- _YOUR OBJECTIVE_
Although the data below holds other lines too, output only those from the line with "pub name : Bytes" up to and including the line with "pub containers : List TargetContainer", exactly as they appear.
------ RECORDS PROVIDED ------
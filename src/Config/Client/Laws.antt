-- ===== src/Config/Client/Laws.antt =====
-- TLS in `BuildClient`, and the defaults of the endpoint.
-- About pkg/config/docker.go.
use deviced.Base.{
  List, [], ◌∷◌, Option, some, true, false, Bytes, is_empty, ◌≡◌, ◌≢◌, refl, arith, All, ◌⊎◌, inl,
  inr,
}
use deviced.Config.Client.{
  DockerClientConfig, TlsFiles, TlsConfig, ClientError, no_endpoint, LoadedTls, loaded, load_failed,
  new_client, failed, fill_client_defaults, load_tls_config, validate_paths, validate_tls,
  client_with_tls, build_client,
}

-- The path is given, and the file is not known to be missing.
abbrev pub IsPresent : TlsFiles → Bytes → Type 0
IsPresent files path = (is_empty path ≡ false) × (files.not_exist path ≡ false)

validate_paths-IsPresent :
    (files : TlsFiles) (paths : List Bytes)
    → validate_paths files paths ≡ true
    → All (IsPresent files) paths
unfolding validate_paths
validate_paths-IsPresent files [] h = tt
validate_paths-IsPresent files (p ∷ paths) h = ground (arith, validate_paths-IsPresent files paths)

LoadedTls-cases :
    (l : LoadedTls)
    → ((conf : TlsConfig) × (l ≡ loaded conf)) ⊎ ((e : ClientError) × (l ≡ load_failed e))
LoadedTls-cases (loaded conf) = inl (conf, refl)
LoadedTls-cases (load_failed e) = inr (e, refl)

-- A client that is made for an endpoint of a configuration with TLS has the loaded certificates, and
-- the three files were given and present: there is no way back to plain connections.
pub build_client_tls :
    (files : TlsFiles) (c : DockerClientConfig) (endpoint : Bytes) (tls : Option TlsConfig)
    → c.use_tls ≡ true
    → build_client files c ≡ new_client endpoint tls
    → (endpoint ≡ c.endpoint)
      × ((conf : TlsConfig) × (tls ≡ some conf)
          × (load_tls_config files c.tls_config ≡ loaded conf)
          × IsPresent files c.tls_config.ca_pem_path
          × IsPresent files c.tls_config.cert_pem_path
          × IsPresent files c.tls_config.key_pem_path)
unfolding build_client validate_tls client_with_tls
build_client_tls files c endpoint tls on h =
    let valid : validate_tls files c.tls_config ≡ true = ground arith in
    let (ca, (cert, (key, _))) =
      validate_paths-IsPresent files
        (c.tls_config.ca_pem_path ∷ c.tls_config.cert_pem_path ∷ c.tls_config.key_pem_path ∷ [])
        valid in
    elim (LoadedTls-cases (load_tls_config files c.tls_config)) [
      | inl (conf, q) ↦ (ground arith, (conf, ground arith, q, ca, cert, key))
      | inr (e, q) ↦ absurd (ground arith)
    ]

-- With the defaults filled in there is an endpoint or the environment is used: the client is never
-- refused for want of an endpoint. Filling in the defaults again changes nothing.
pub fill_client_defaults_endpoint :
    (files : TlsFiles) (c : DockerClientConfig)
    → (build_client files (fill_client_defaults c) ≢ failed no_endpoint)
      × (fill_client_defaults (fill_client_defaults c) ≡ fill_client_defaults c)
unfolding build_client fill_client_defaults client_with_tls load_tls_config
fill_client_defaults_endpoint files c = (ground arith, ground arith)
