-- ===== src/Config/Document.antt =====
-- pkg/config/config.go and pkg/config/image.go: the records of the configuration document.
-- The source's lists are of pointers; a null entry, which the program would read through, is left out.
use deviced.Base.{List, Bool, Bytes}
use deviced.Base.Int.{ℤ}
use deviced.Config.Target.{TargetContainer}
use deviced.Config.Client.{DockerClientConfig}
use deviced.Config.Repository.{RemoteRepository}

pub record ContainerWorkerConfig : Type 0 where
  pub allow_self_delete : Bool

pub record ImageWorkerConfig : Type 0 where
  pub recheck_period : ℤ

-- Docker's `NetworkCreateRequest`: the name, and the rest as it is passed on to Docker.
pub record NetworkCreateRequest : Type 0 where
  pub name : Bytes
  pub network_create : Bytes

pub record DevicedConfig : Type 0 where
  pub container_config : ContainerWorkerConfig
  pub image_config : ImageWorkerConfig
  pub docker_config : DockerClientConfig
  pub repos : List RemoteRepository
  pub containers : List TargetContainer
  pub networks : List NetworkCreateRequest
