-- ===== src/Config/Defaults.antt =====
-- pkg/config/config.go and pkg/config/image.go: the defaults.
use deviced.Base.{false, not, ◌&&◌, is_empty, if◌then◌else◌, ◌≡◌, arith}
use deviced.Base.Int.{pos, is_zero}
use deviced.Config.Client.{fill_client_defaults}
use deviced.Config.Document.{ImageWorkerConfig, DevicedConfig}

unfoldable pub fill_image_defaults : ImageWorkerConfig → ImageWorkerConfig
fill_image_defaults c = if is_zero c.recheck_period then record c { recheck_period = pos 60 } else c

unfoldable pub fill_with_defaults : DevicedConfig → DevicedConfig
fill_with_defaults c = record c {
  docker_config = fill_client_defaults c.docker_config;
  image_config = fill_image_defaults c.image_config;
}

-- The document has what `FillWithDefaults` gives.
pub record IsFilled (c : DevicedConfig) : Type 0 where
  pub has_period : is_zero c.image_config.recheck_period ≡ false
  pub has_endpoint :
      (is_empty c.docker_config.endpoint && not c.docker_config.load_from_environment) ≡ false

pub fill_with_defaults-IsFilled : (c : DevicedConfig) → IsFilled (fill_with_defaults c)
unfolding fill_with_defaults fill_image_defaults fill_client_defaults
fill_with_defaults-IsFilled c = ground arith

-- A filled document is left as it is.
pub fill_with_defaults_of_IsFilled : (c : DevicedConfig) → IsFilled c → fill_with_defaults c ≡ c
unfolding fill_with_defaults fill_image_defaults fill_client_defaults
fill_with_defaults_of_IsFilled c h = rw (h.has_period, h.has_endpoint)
------
- _ANSWER TO THIS PROBLEM_
  pub name : Bytes
  pub network_create : Bytes

pub record DevicedConfig : Type 0 where
  pub container_config : ContainerWorkerConfig
  pub image_config : ImageWorkerConfig
  pub docker_config : DockerClientConfig
  pub repos : List RemoteRepository
  pub containers : List TargetContainer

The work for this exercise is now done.